District spokesman Jim Pokrandt said the district board will be discussing the project spending at a Dec. 3 meeting where it will be looking to revise its 2021 budget now that the tax has passed.

He said it’s too early to call out any specific project that might be funded at this point, as more analysis and board approval will be required. However, in its July resolution to put the tax measure on the ballot, the district board also adopted a fiscal implementation plan elaborating on how it intends to spend the funds. That plan included specific examples of possible projects the money could help pay for. The district didn’t commit to pursuing those specific projects should the tax pass, noting in its plan “uncertainties associated with most projects related to permitting, litigation, additional funding and other third party actions.” Rather, the projects are representative of the types of projects it intended to pursue, and also are ones that have been endorsed by basin roundtable organizations in the Colorado, Gunnison and Yampa/White/Green basins.

“Those projects listed in the plan are illustrative of the kind of work that we want to do, and indeed some of them could come to fruition in the next year or two,” Pokrandt said.

In the Colorado River Basin, the examples the district gave include rehabilitation of the Grand Valley Roller Dam, which was built in 1913 and is the point of diversion for several large senior irrigation rights in the Grand Valley, and maintaining flows secured by the senior Shoshone hydroelectric plant water right in Glenwood Canyon.

That plant is owned by Xcel Energy and is more than 100 years old, and questions about its longterm viability have the district and others looking for solutions for maintaining the plant’s nonconsumptive right, which is crucial to maintaining river flows through Glenwood Canyon and all the way to Grand Junction.

Among several possible projects in the Gunnison Basin are the Uncompahgre Valley Water Users Association Westside Valley infrastructure improvement project, which would modernize and improve water diversion, delivery and other infrastructure; and the Paonia Reservoir and Fire Mountain Canal rehabilitation, which would involve implementing a sediment control system.

Among possible Yampa/White/Green river basin projects are addressing an algae problem on the White River, and assisting with efforts to build a possible new water storage project in the lower White River basin.

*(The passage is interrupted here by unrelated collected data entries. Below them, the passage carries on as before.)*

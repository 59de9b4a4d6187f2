-- ===== src/TestHttpServer/Filling.antt =====
-- The loop that reads a file.

use gnyproxy.Prelude.{
  assert, ◌>>◌, leb, ℕ, zero, suc, ◌-◌, ◌<◌, ◌≡◌, refl, ap, Bool, true, false, ◌&&◌, ◌∷◌, ◌++◌,
  length-append, none, some, ltb, ltb→lt, ◌==◌, Bytes, length, ok, Bool-cases, inl, inr, arith,
}
use gnyproxy.HttpMessage.{
  MessageState, entity, footer, rank, HttpMessage, append_entity, end_entity,
}
use gnyproxy.Socket.{Received, failed, Received-cases}
use gnyproxy.TestHttpServer.{FileSystem, MyHttpServer, fill}

-- The loop's condition.
abbrev pub wants_more : HttpMessage → Bool
wants_more m = rank m.state == rank entity && ltb (length m.body) 1024

both_hold : (a b : Bool) → (a && b) ≡ true → (a ≡ true) × (b ≡ true)
both_hold true b h = (refl, h)
both_hold false b h = (h, absurd (cc))

appended :
    (m : HttpMessage) (bytes : Bytes)
    → (rank m.state == rank entity) ≡ true
    → append_entity m bytes ≡ ok (record m { body = m.body ++ bytes })
unfolding append_entity
appended m bytes h = ap (λ b. assert b >> ok (record m { body = m.body ++ bytes })) h

-- The entity is still open.
is_open : (s : MessageState) → (rank s == rank entity) ≡ true → leb (rank s) (rank entity) ≡ true
is_open MessageState.header h = refl
is_open MessageState.entity h = refl
is_open MessageState.footer h = absurd (cc)
is_open MessageState.done h = absurd (cc)

ended :
    (m : HttpMessage)
    → (rank m.state == rank entity) ≡ true
    → end_entity m ≡ ok (record m { state = footer })
unfolding end_entity
ended m h = ap (λ b. assert b >> ok (record m { state = footer })) (is_open m.state h)

module _ (fs : FileSystem) where
  abbrev pub Filled : ℕ → MyHttpServer → HttpMessage → Type 0
  Filled fuel g m =
      (g' : MyHttpServer) × (m' : HttpMessage) × (fill fs fuel g m ≡ ok (g', m'))
      × (wants_more m' ≡ false)

  -- What the next call of `read` gives.
  abbrev next : MyHttpServer → Received
  next g = elim g.fd as (λ _. Received) [ none ↦ failed | some fd ↦ fs.read_file fd g.reads ]

  -- With fuel above 1024 less the length of the entity (process gives 1025, which is always
  -- enough), the loop that reads the file stops without a fault, when the entity is closed or
  -- holds 1024 bytes.
  pub fill-Filled :
      (fuel : ℕ) (g : MyHttpServer) (m : HttpMessage)
      → 1024 - length m.body < fuel
      → Filled fuel g m
  unfolding fill
  fill-Filled zero g m h = absurd (omega arith)
  fill-Filled (suc fuel) g m h = elim (Bool-cases (wants_more m)) [
    | inr full ↦ (g, m, rw (fill, full) refl, full)
    | inl more ↦
        let (open_one, small) =
          both_hold (rank m.state == rank entity) (ltb (length m.body) 1024) more in
        elim (Received-cases (next g)) [
          | inl e ↦ (
            record g { reads = suc g.reads; fd = none },
            record m { state = footer },
            rw (fill, more, e, ended m open_one) refl,
            refl,
          )
          | inr (inl e) ↦ (
            record g { reads = suc g.reads; fd = none },
            record m { state = footer },
            rw (fill, more, e, ended m open_one) refl,
            refl,
          )
          | inr (inr (b, buf, e)) ↦
              let m1 : HttpMessage = record m { body = m.body ++ b ∷ buf } in
              let (g', m', run, stops) =
                fill-Filled fuel (record g { reads = suc g.reads }) m1
                  (omega (arith, h, ltb→lt _ _ small, length-append m.body (b ∷ buf))) in
              (g', m', rw (fill, more, e, appended m (b ∷ buf) open_one) run, stops)
        ]
  ]
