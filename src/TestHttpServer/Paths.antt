-- ===== src/TestHttpServer/Paths.antt =====
-- Which paths are served, and what becomes of the request.
use gnyproxy.Prelude.{
  ◌≡◌, refl, sym, ap, ◌∙◌, true, false, ◌&&◌, [], ◌∷◌, ◌++◌, ◌==◌, ==_iff, Bytes, Bool-cases,
  Option-cases, inl, inr,
}
use gnyproxy.Http.{c_str}
use gnyproxy.TestHttpServer.{
  FileSystem, is_under, Resource, text, names_in, file_at, open_path, find_resource,
}

is_under-append :
    (base_path path : Bytes)
    → is_under base_path path ≡ true
    → (rest : Bytes) × (path ≡ base_path ++ rest)
unfolding is_under
is_under-append [] path h = (path, refl)
is_under-append (b ∷ base_path) [] h = absurd (cc)
is_under-append (b ∷ base_path) (c ∷ path) h = elim (Bool-cases (b == c)) [
  | inl same ↦
      let under : is_under base_path path ≡ true =
        ap (λ t. t && is_under base_path path) (sym same) ∙ h in
      let (rest, e) = is_under-append base_path path under in
      let head = (==_iff b c).0 same in (rest, cc)
  | inr other ↦ absurd (different (ap (λ t. t && is_under base_path path) (sym other) ∙ h))
]
  where
    different : false ≡ true → ⊥
    different h = cc

-- The path of a resource begins with the base path; a text has none.
abbrev pub Below : Bytes → Resource → Type 0
Below base_path (text t) = Unit
Below base_path (names_in path names) = (rest : Bytes) × (path ≡ base_path ++ rest)
Below base_path (file_at path fd) = (rest : Bytes) × (path ≡ base_path ++ rest)

open_path-Below :
    (fs : FileSystem) (base_path path : Bytes)
    → (rest : Bytes) × (path ≡ base_path ++ rest)
    → Below base_path (open_path fs path)
unfolding open_path
open_path-Below fs base_path path under = elim (Option-cases (fs.opendir path)) [
  | inr (names, e) ↦ rw (open_path, e) under
  | inl e ↦ elim (Option-cases (fs.open_file path)) [
    | inr (fd, e') ↦ rw (open_path, e, e') under
    | inl e' ↦ rw (open_path, e, e') tt
  ]
]

-- The path of a directory or of a file that MyHttpServer answers with begins with the base path,
-- whatever the file system says.
pub find_resource-Below :
    (fs : FileSystem) (base_path url : Bytes) → Below base_path (find_resource fs base_path url)
unfolding find_resource
find_resource-Below fs base_path url =
    elim (Option-cases (fs.realpath (c_str (base_path ++ (b'/' ∷ url))))) [
      | inl e ↦ rw (find_resource, e) tt
      | inr (path, e) ↦ elim (Bool-cases (is_under base_path path)) [
        | inl under ↦
            rw (find_resource, e, under)
              (open_path-Below fs base_path path (is_under-append base_path path under))
        | inr other ↦ rw (find_resource, e, other) tt
      ]
    ]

The state is challenging a proposed White River reservoir project in water court, questioning the need for the amount of water the reservoir would supply, according to recent reporting by the nonprofit aspenjournalism.org website.

Pokrandt said that while it’s helpful to projects’ chances for them to be on the district’s implementation plan list, funding could go for things that aren’t listed, and that the district may not even know about now.

The district over time wants to use the funds equitably, both across district counties and across the broadly identified categories it has identified. In light of that, and given the cost of some of the projects that may be contemplated, the dollars it may be able to contribute as a percentage of a project’s cost will likely be fairly limited at times.

But the district hopes its ability to offer at least some funding will, as its plan states, “drive the initiation and completion of projects that are priorities for residents of the District by utilizing District funds as a catalyst for matching funds from state, federal and private foundation sources.

“Bringing these funds to the table will allow the West Slope to strongly influence the type, scope and timing of important water supply projects within our District,” the plan says. “The District is committed to coordinating and consulting local elected officials in any and all relevant counties prior to committing funds to any specific project or activity pursued by the District.”

Editor's note: This story has been updated to correct the date of the December district board meeting.